"God on Trial" — on the seventh day, the defense rested?
There is no rest for memory.
And that is what this fascinating, if occasionally ploddingly pedantic and draining, drama offers as a plot point as part of "Masterpiece Contemporary," being broadcast this Saturday morning and Sunday evening at 9 on WHYY-TV Arts and Culture Channel.
Why? It takes on the very Jewish conceit that arguing with God is in the genes of Judaism — heavens, Tevye attests to it. But who knew that if God is in the details, he was also in jail.
And who would have the chutzpah to drag him there?
Seems Frank Cottrell Boyce did. Miranda-izing God? Boyce bounced the idea around presented him by exec producer Mark Redhead of Hat Trick Productions before coming up with a script shot in Glasgow over two weeks.
And, if the BBC broadcast doesn't exactly pull off a hat trick — or yank your yarmulke — it does attain one goal: Questioning why God would stand by idly and let man self-immolate in modern times without providing an extinguisher to prevent his extermination.
It seems a quixotic quest, but tilting at windmills winds up being a welcome talent from the screenwriter of "Welcome to Sarajevo."
What more harrowing setting could there be than the Holocaust and a concentration camp, for the concentrated action of men whose wrists and days are numbered, as they debate the existential question by the bonfires of hate at Auschwitz.
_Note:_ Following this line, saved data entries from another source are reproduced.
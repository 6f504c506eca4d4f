-- ===== src/ProducerConsumer/Progress.antt =====
-- Labweek15/alg.18-7-syn-pc-producer-6.c and alg.18-8-syn-pc-consumer-6.c: that the threads are not
-- all stuck before the work is done.
use native.Mathlib.Decide.{dec_lt}
use operating_system_homewor.Prelude.{
  ℕ, ◌+◌, ◌≤◌, ◌<◌, ◌≡◌, refl, ap, ◌∙◌, ◌⊎◌, inl, inr, arith, total, total_zero, total_find,
  every_or,
}
use operating_system_homewor.ProducerConsumer.{
  Shared, DataPcSt, Pc, Main, joining, posting, System, Step, produce, consume, joined, post,
  p_exit, c_wait_stock, c_exit,
}
use operating_system_homewor.ProducerConsumer.Setup.{Sizes, IsValid, Reach}
use operating_system_homewor.ProducerConsumer.Balance.{critical, has_slot, has_stock}
use operating_system_homewor.ProducerConsumer.Invariant.{threads, posted, Inv, Reach-Inv}
use operating_system_homewor.ProducerConsumer.Roles.{
  producing, p_left, c_left, past_stock, Ends, Reach-Ends,
}
use operating_system_homewor.ProducerConsumer.Next.{
  Stuck, p_ended, c_ended, no_slot, no_stock, p_locked, c_locked, taken_from, next_produce,
  next_consume,
}

-- With the mutex free, a stuck thread has nothing that a semaphore counts.
stuck_light :
    {m : Shared} {p : Pc}
    → Stuck m p
    → m.ctln.sem_mutex ≡ 1
    → (critical p ≡ 0) × (has_slot p ≡ 0) × (has_stock p ≡ 0)
stuck_light p_ended free = (refl, refl, refl)
stuck_light c_ended free = (refl, refl, refl)
stuck_light (no_slot e) free = (refl, refl, refl)
stuck_light (no_stock e) free = (refl, refl, refl)
stuck_light (p_locked e) free = absurd (omega (arith, e, free))
stuck_light (c_locked e) free = absurd (omega (arith, e, free))

stuck_critical : {m : Shared} {p : Pc} → Stuck m p → critical p ≡ 0
stuck_critical p_ended = refl
stuck_critical c_ended = refl
stuck_critical (no_slot e) = refl
stuck_critical (no_stock e) = refl
stuck_critical (p_locked e) = refl
stuck_critical (c_locked e) = refl

stuck_producer :
    {m : Shared} {p : Pc}
    → Stuck m p
    → m.ctln.sem_mutex ≡ 1
    → producing p ≡ 1
    → (p ≡ p_exit) ⊎ (m.ctln.emptyslot ≡ 0)
stuck_producer p_ended free pro = inl refl
stuck_producer c_ended free pro = absurd (omega (arith, pro))
stuck_producer (no_slot e) free pro = inr e
stuck_producer (no_stock e) free pro = absurd (omega (arith, pro))
stuck_producer (p_locked e) free pro = absurd (omega (arith, e, free))
stuck_producer (c_locked e) free pro = absurd (omega (arith, e, free))

stuck_consumer :
    {m : Shared} {p : Pc}
    → Stuck m p
    → m.ctln.sem_mutex ≡ 1
    → producing p ≡ 0
    → (p ≡ c_exit) ⊎ ((p ≡ c_wait_stock) × (m.ctln.stock ≡ 0))
stuck_consumer p_ended free con = absurd (omega (arith, con))
stuck_consumer c_ended free con = inl refl
stuck_consumer (no_slot e) free con = absurd (omega (arith, con))
stuck_consumer (no_stock e) free con = inr (refl, e)
stuck_consumer (p_locked e) free con = absurd (omega (arith, e, free))
stuck_consumer (c_locked e) free con = absurd (omega (arith, e, free))

-- Every thread has ended.
abbrev pub Finished : Sizes → System → Type 0
Finished z s =
    ((i : ℕ) → i < z.thread_pro → s.pc i ≡ p_exit)
    × ((i : ℕ) → z.thread_pro ≤ i → i < threads z → s.pc i ≡ c_exit)

-- Every consumer has ended, with items left in the ring.
abbrev pub Abandoned : Sizes → System → Type 0
Abandoned z s =
    ((i : ℕ) → z.thread_pro ≤ i → i < threads z → s.pc i ≡ c_exit)
    × (s.shared.ctln.item_num ≡ z.max_item_num)
    × (s.shared.ctln.consume_num < s.shared.ctln.item_num)

module _ (z : Sizes) (s : System) (inv : Inv z s) (ends : Ends z s) where
  abbrev Going : Type 0
  Going = (t : System) × Step s t

  -- A thread can go on, and the system with it, or is stuck.
  next_thread : (i : ℕ) → i < threads z → Stuck s.shared (s.pc i) ⊎ Going
  next_thread i lt = elim (dec_lt i z.thread_pro) [
    | yes pro ↦ elim (next_produce i s.shared (s.pc i) (ends.producers i pro)) [
      | inl stuck ↦ inl stuck
      | inr (m, q, move) ↦ inr (_, produce i (omega (arith, pro, inv.sized.2)) move)
    ]
    | no con ↦ elim (next_consume i s.shared (s.pc i) (ends.consumers i (omega (arith, con)) lt)) [
      | inl stuck ↦ inl stuck
      | inr (m, q, move) ↦ inr (
        _,
        consume i (omega (arith, con, inv.sized.2)) (omega (arith, lt, inv.sized.2, inv.sized.3))
            move,
      )
    ]
  ]

  -- A thread in its critical section can go on.
  holder_goes : s.shared.ctln.sem_mutex ≡ 0 → Going
  holder_goes taken =
      let (i, lt, in_i) = total_find critical (threads z) s.pc (omega (arith, inv.lock, taken)) in
      elim (next_thread i lt) [
        | inr going ↦ going
        | inl stuck ↦ absurd (omega (arith, in_i, stuck_critical stuck))
      ]

  module _ (valid : IsValid z) (free : s.shared.ctln.sem_mutex ≡ 1)
      (stuck : (i : ℕ) → i < threads z → Stuck s.shared (s.pc i)) where
    slots_empty : total has_slot (threads z) s.pc ≡ 0
    slots_empty = total_zero has_slot (threads z) s.pc (λ i lt. (stuck_light (stuck i lt) free).1)

    stocks_empty : total has_stock (threads z) s.pc ≡ 0
    stocks_empty = total_zero has_stock (threads z) s.pc (λ i lt. (stuck_light (stuck i lt) free).2)

    consumer_stuck :
        (i : ℕ)
        → z.thread_pro ≤ i
        → i < threads z
        → (s.pc i ≡ c_exit) ⊎ ((s.pc i ≡ c_wait_stock) × (s.shared.ctln.stock ≡ 0))
    consumer_stuck i ge lt = stuck_consumer (stuck i lt) free (ends.consumers i ge lt)

    -- A producer that waits for a unit: the ring is full, and there is stock, so no consumer waits.
    full_ring : s.shared.ctln.emptyslot ≡ 0 → Abandoned z s
    full_ring none_free =
        let left : s.shared.ctln.consume_num < s.shared.ctln.item_num =
          omega (arith, inv.slots, none_free, slots_empty, valid.room) in
        let gone : (i : ℕ) → z.thread_pro ≤ i → i < threads z → s.pc i ≡ c_exit = λ i ge lt.
          elim (consumer_stuck i ge lt) [
            | inl e ↦ e
            | inr (_, out) ↦ absurd (omega (arith, inv.stocks, out, stocks_empty, left))
          ] in
        let ended : 0 < s.shared.ctln.end_flag =
          ends.c_ends z.thread_pro (omega (arith, valid.some_cons)) (
            omega (
              arith,
              ap c_left (gone z.thread_pro (omega arith) (omega (arith, valid.some_cons))),
            )) in
        (gone, inv.content.counted.4 ended ∙ inv.sized.1, left)

    module _ (over : (i : ℕ) → i < z.thread_pro → s.pc i ≡ p_exit) where
      made : s.shared.ctln.item_num ≡ s.shared.ctln.max_item_num
      made = omega (
        arith,
        inv.content.counted.0,
        ends.p_ends 0 (omega (arith, valid.some_pro))
            (omega (arith, ap p_left (over 0 valid.some_pro))),
      )

      -- With one consumer, which waits, none is past the wait.
      nobody_past :
          (i : ℕ)
          → z.thread_pro ≤ i
          → i < threads z
          → s.pc i ≡ c_wait_stock
          → z.thread_cons ≤ 1
          → 0 < total past_stock (threads z) s.pc
          → ⊥
      nobody_past i ge lt waits single some_past =
          let (j, lt_j, past) = total_find past_stock (threads z) s.pc some_past in
          elim (dec_lt j z.thread_pro) [
            | yes pro ↦ omega (arith, past, ap past_stock (over j pro))
            | no con ↦
                let same : j ≡ i = omega (arith, con, ge, lt, lt_j, single) in
                omega (arith, past, ap (λ x. past_stock (s.pc x)) same, ap past_stock waits)
          ]

      -- The last consumer does not wait: it has taken the last item, or there is stock for it.
      none_waits :
          (k : ℕ)
          → s.main ≡ posting k
          → z.thread_cons ≤ k + 1
          → (i : ℕ) → z.thread_pro ≤ i
          → i < threads z
          → s.pc i ≡ c_exit
      none_waits k posts all_posted i ge lt = elim (consumer_stuck i ge lt) [
        | inl e ↦ e
        | inr (waits, out) ↦
            let all : s.shared.ctln.consume_num ≡ s.shared.ctln.max_item_num = omega (
              arith,
              inv.stocks,
              inv.content.counted.1,
              out,
              stocks_empty,
              made,
              ap posted posts,
            ) in
            let last : k ≡ 0 =
              omega (arith, inv.stocks, out, stocks_empty, made, all, ap posted posts) in
            absurd (nobody_past i ge lt waits (omega (arith, all_posted, last)) (ends.seen all))
      ]

      ending : (k : Main) → s.main ≡ k → Going ⊎ Finished z s ⊎ Abandoned z s
      ending joining waits = inl (_, joined waits (λ i lt. over i (omega (arith, lt, inv.sized.2))))
      ending (posting k) posts = elim (dec_lt (k + 1) z.thread_cons) [
        | yes more ↦ inl (_, post k posts (omega (arith, more, inv.sized.3)))
        | no done ↦ inr (inl (over, none_waits k posts (omega (arith, done))))
      ]

    producer_stuck : (i : ℕ) → i < z.thread_pro → (s.pc i ≡ p_exit) ⊎ (s.shared.ctln.emptyslot ≡ 0)
    producer_stuck i lt = stuck_producer (stuck i (omega (arith, lt))) free (ends.producers i lt)

    stuck_over : Going ⊎ Finished z s ⊎ Abandoned z s
    stuck_over = elim (every_or z.thread_pro producer_stuck) [
      | inl over ↦ ending over s.main refl
      | inr (i, lt, none_free) ↦ inr (inr (full_ring none_free))
    ]

  -- Some step is possible, or every thread has ended, or every consumer has.
  going_or_over : IsValid z → Going ⊎ Finished z s ⊎ Abandoned z s
  going_or_over valid = elim (taken_from s.shared.ctln.sem_mutex) [
    | inl taken ↦ inl (holder_goes taken)
    | inr (u, e) ↦ elim (every_or (threads z) next_thread) [
      | inr (i, lt, going) ↦ inl going
      | inl stuck ↦ stuck_over valid (omega (arith, inv.lock, e)) stuck
    ]
  ]

-- No deadlock before the end: from a reachable state some thread or `main` can go on, unless every
-- thread has ended, or every consumer has ended with all items made and some left in the ring.
pub progress :
    {z : Sizes} {memory : ℕ → DataPcSt} {s : System}
    → IsValid z
    → Reach z memory s
    → ((t : System) × Step s t) ⊎ Finished z s ⊎ Abandoned z s
progress {z} {s = s} valid r = going_or_over z s (Reach-Inv valid r) (Reach-Ends valid r) valid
Redhead heads a long line of deep thinkers delving deeply into the topic, assayed on the small screen with big performances by such notables as Sir Antony Sher, as a mostly silent rabbi (well, the 90-minute film doesn't always deal in reality), and Rupert Graves, as all attempt to dig an intellectual tunnel amid the tumult for themselves to escape the hell-hole existence to which their religion has relegated them.
It is all an intellectual exercise with some heavy lifting, interchanging past and present, with inmates interspersed in scenes of tourists visiting the camp in the future.
Breach of Contract
But the gall of putting God on trial? And who do they summon to serve the summons? Well, if God is to be acquitted for his burning bush of a breach of contract with the Chosen People, guess it's good he's chosen a Jewish law firm to defend him.
It is the ultimate tort among the tortured. If the sharp interaction of the inmates is more theatrical and theoretical than fulfilling, "God on Trial," as a movie, does proffer the big picture — questions that have haunted college students, Holocaust survivors and, probably, even Joe the Plumbers, ever since Eve discovered her Garden of Eden wasn't for eating apples.
As for the film's finale: A guilty sentence for God would put a period on the explanation of why the world is so out of sync these days; but an innocent verdict would open the cell door to even more questions of why souls seem so incarcerated by a searing seal of hopelessness.
And the Jewish jury's verdict? Judgment Day: This weekend.